Chicago Police Department starts door-to-door visits to fight violence
CHICAGO – Chicago Police are set to kick off an experiment Friday in a neighborhood on the city’s West Side, hoping to alert would-be criminals that they’re being watched and face stiff penalties if they’re convicted of crimes.
The Chicago Sun-Times reported that a commander will begin knocking on doors to deliver warning letters to about 20 people who statisticians say are most likely to either be shot or become shooters themselves.
The “custom notifications” come after police identified more than 400 “hot people” across the city who are most likely to be involved in often fatal shootings that have drawn national attention to gang violence.

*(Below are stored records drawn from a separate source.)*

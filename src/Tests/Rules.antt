-- ===== src/Tests/Rules.antt =====
-- Runs of control maps, the back-off and the dependencies.
use ota_pulse.Prelude.{
  ◌≡◌, refl, String, true, false, none, some, List, [], ◌∷◌, inl, ◌≢◌, ◌↔◌, arith, keep, contains,
  lookup,
}
use ota_pulse.Prelude.Int.{pos}
use ota_pulse.ControlMap.Pool.{
  Pool, has_id, insert_replace_all_priorities, delete_all_priorities, has_control_map,
}
use ota_pulse.ControlMap.Pool.Laws.{insert_replace_all_priorities-alone}
use ota_pulse.ControlMap.Map.{
  MapState, UpdateControlMap, is_default, is_uuid, validate, sanitize, validate_state, unset_or_in,
  sanitize_state, default_to, unmarshal, expire, action,
}
use ota_pulse.ControlMap.Map.Laws.{IsSound, unmarshal-IsSound, expired_never_pauses}
use ota_pulse.Agent.Backoff.{get_exponential_backoff_time}
use ota_pulse.Agent.Backoff.Laws.{backoff_grows}
use ota_pulse.Agent.Depends.{verify_artifact_dependencies}
use ota_pulse.Agent.Depends.Laws.{Satisfied, verify_artifact_dependencies_iff}
use ota_pulse.Agent.Env.{Depend, any_list, text_list, text}
use ota_pulse.ControlMap.Query.{query_action_list}
use ota_pulse.ControlMap.Query.Laws.{winner, query_action_list-winner}

abbrev pausing : MapState
pausing = record { action = "pause"; on_map_expire = ""; on_action_executed = "" }

abbrev a_map : UpdateControlMap
a_map = record {
  id = "01234567-89ab-cdef-0123-456789abcdef";
  priority = pos 0;
  states = ("ArtifactCommit_Enter", pausing) ∷ [];
  stamped = 0;
  half_way_time = 0;
  expiry_time = 0;
  expired = false;
}

abbrev sound_pause : MapState
sound_pause = record {
  action = "pause";
  on_map_expire = "force_continue";
  on_action_executed = "continue";
}

abbrev sound_map : UpdateControlMap
sound_map = record a_map { states = ("ArtifactCommit_Enter", sound_pause) ∷ [] }

decoded : unmarshal sound_map ≡ some sound_map
unfolding unmarshal validate is_uuid sanitize lookup keep contains validate_state unset_or_in
    is_default sanitize_state default_to
decoded = refl

unmarshal-IsSound_example : IsSound sound_pause × (is_default sound_pause ≡ false)
unfolding lookup
unmarshal-IsSound_example =
    unmarshal-IsSound sound_map "ArtifactCommit_Enter" sound_pause decoded refl

expired_never_pauses_example : action (expire sound_map) "ArtifactCommit_Enter" ≢ "pause"
expired_never_pauses_example = expired_never_pauses sound_map "ArtifactCommit_Enter" decoded

backoff_grows_example : get_exponential_backoff_time 7 1_800_000_000_000 0 ≡ some 240_000_000_000
backoff_grows_example =
    backoff_grows 1_800_000_000_000 0 2 1 (omega arith) (omega arith) (omega arith) (inl refl)

backoff_grows_7 : get_exponential_backoff_time 7 1_800_000_000_000 0 ≡ some 240_000_000_000
unfolding get_exponential_backoff_time
backoff_grows_7 = refl

abbrev needs : List (String × Depend)
needs =
    ("rootfs", text_list ("1" ∷ "2" ∷ []))
    ∷ ("rootfs", any_list (some "2" ∷ none ∷ []))
    ∷ ("device_type", text "board")
    ∷ []

verify_artifact_dependencies_iff_example :
    (verify_artifact_dependencies needs (("rootfs", "2") ∷ []) ≡ true)
    ↔ Satisfied (("rootfs", "2") ∷ []) needs
verify_artifact_dependencies_iff_example =
    verify_artifact_dependencies_iff needs (("rootfs", "2") ∷ [])

query_action_list-winner_example :
    query_action_list ("pause" ∷ "continue" ∷ "fail" ∷ [])
    ≡ winner
        (contains ("pause" ∷ "continue" ∷ "fail" ∷ []) "fail")
        (contains ("pause" ∷ "continue" ∷ "fail" ∷ []) "pause")
        (contains ("pause" ∷ "continue" ∷ "fail" ∷ []) "force_continue")
query_action_list-winner_example = query_action_list-winner ("pause" ∷ "continue" ∷ "fail" ∷ [])

abbrev full_pool : Pool
full_pool = record { maps = a_map ∷ []; saved = none; announced = false }

insert_replace_all_priorities-alone_example :
    (keep (has_id a_map.id) (insert_replace_all_priorities true sound_map full_pool).maps
      ≡ sound_map ∷ [])
    × (has_control_map a_map.id (delete_all_priorities true a_map.id full_pool) ≡ false)
insert_replace_all_priorities-alone_example =
    insert_replace_all_priorities-alone true sound_map full_pool
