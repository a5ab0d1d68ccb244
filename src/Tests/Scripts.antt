-- ===== src/Tests/Scripts.antt =====
-- A run of state scripts, of which one asks for a retry, and a line of the boot environment.
use ota_pulse.Prelude.{
  arith, ℕ, ◌+◌, ◌≤◌, ◌≡◌, refl, true, false, some, none, List, [], ◌∷◌, keep, map, arith,
}
use ota_pulse.Prelude.Int.{ℤ, pos}
use ota_pulse.Installer.Text.{split_where}
use ota_pulse.Installer.UBootEnv.{parse_lines, render, scan_lines}
use ota_pulse.Installer.UBootEnv.Lines.{
  IsWord, IsLine, end, char, insert_all, text_of, parse_lines-render,
}
use ota_pulse.StateScripts.Names.{contains_text, all_chars, is_name, matches_format, is_script_of}
use ota_pulse.StateScripts.Launcher.{
  File, Call, Directory, Launcher, run, sleep, report_start, report_end, get, scripts_in,
  match_version, execute_script, execute_scripts, execute_all,
}
use ota_pulse.StateScripts.Ends.{HasClock, Ends, execute_all-Ends}
use ota_pulse.StateScripts.Chosen.{Runs, execute_all-Runs}

abbrev files : List File
files =
    record { name = "ArtifactInstall_Enter_05_wifi"; executable = true }
    ∷ record { name = "ArtifactInstall_Enter_5"; executable = true }
    ∷ record { name = "ArtifactInstall_Leave_01"; executable = true }
    ∷ record { name = "version"; executable = false }
    ∷ []

-- A sleep takes its time, and all else none.
abbrev time : List Call → ℕ
time [] = 0
time (sleep d ∷ calls) = time calls + d
time (_ ∷ calls) = time calls

-- A script asks for a retry until it has slept.
abbrev exit_code : List Call → ℤ
exit_code (run name ∷ sleep d ∷ calls) = pos 0
exit_code calls = pos 21

abbrev launcher : Launcher
launcher = record {
  supported_script_versions = 2 ∷ 3 ∷ [];
  retry_interval = 0;
  retry_timeout = 0;
  art_scripts = Directory.entries files;
  rootfs_scripts = Directory.missing;
  art_version = some 3;
  rootfs_version = none;
  exit_code = exit_code;
  now = time;
}

launcher-HasClock : HasClock launcher
launcher-HasClock = record { forward = forward; sleeps = λ d calls. ground arith }
  where
    forward : (c : Call) (calls : List Call) → time calls ≤ time (c ∷ calls)
    forward (run name) calls = ground arith
    forward (report_start name) calls = ground arith
    forward (report_end name) calls = ground arith
    forward (sleep d) calls = ground arith

execute_all-Ends_example : Ends false (execute_all launcher false "ArtifactInstall" "Enter" true [])
execute_all-Ends_example =
    execute_all-Ends launcher false "ArtifactInstall" "Enter" true [] launcher-HasClock

-- The second file has one digit, the third another action.
retried :
    execute_all launcher false "ArtifactInstall" "Enter" false []
    ≡ some (
      false,
      run "ArtifactInstall_Enter_05_wifi"
          ∷ sleep 60_000_000_000
          ∷ run "ArtifactInstall_Enter_05_wifi"
          ∷ [],
    )
unfolding execute_all get scripts_in match_version keep is_script_of contains_text matches_format
    is_name all_chars split_where execute_scripts execute_script
retried = refl

execute_all-Runs_example : Runs "ArtifactInstall" "Enter" (
    run "ArtifactInstall_Enter_05_wifi"
    ∷ sleep 60_000_000_000
    ∷ run "ArtifactInstall_Enter_05_wifi"
    ∷ [])
execute_all-Runs_example = execute_all-Runs launcher false "ArtifactInstall" "Enter" false retried

part_IsWord : IsWord "part"
part_IsWord = record {
  no_equals = char refl (char refl (char refl (char refl end)));
  no_line_end = char refl (char refl (char refl (char refl end)));
  no_cr = char refl (char refl (char refl (char refl end)));
}

three_IsWord : IsWord "3"
three_IsWord = record {
  no_equals = char refl end;
  no_line_end = char refl end;
  no_cr = char refl end;
}

part_IsLine : IsLine ("part", "3")
part_IsLine = record { key_word = part_IsWord; value_word = three_IsWord; fits = omega arith }

parse_lines-render_example :
    parse_lines [] (scan_lines (text_of (map (render "=") (("part", "3") ∷ []))))
    ≡ some (insert_all [] (("part", "3") ∷ []))
parse_lines-render_example = parse_lines-render [] (("part", "3") ∷ []) (part_IsLine, tt)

“We’re saying, ‘We know who you are, we know what you do and your chance of dying in a homicide is much greater than John Q. Citizen,’” said Police Superintendent Garry McCarthy.
The letters also say people will face stiff penalties if they’re arrested for a violent crime.
The effort is limited to a single district in the Austin neighborhood, though police hope to expand the practice as gang violence escalates. They’re also considering tapping into so-called “influentials” – people such as coaches and pastors who may be able to accompany police on future visits.
They’re also considering whether to use the tactic in special situations.
“We are looking to reach out and touch those individuals who are responsible for the violence in the city,” said Debra Kirby, who heads the department’s Bureau of Organizational Development.
Despite violent weekends – 11 people were shot and killed and dozens more wounded during the Fourth of July holiday weekend – police say overall violence in the city is down.
As of Thursday, police said murders were down 26 percent this year while overall crime had fallen 15 percent compared to the same period last year.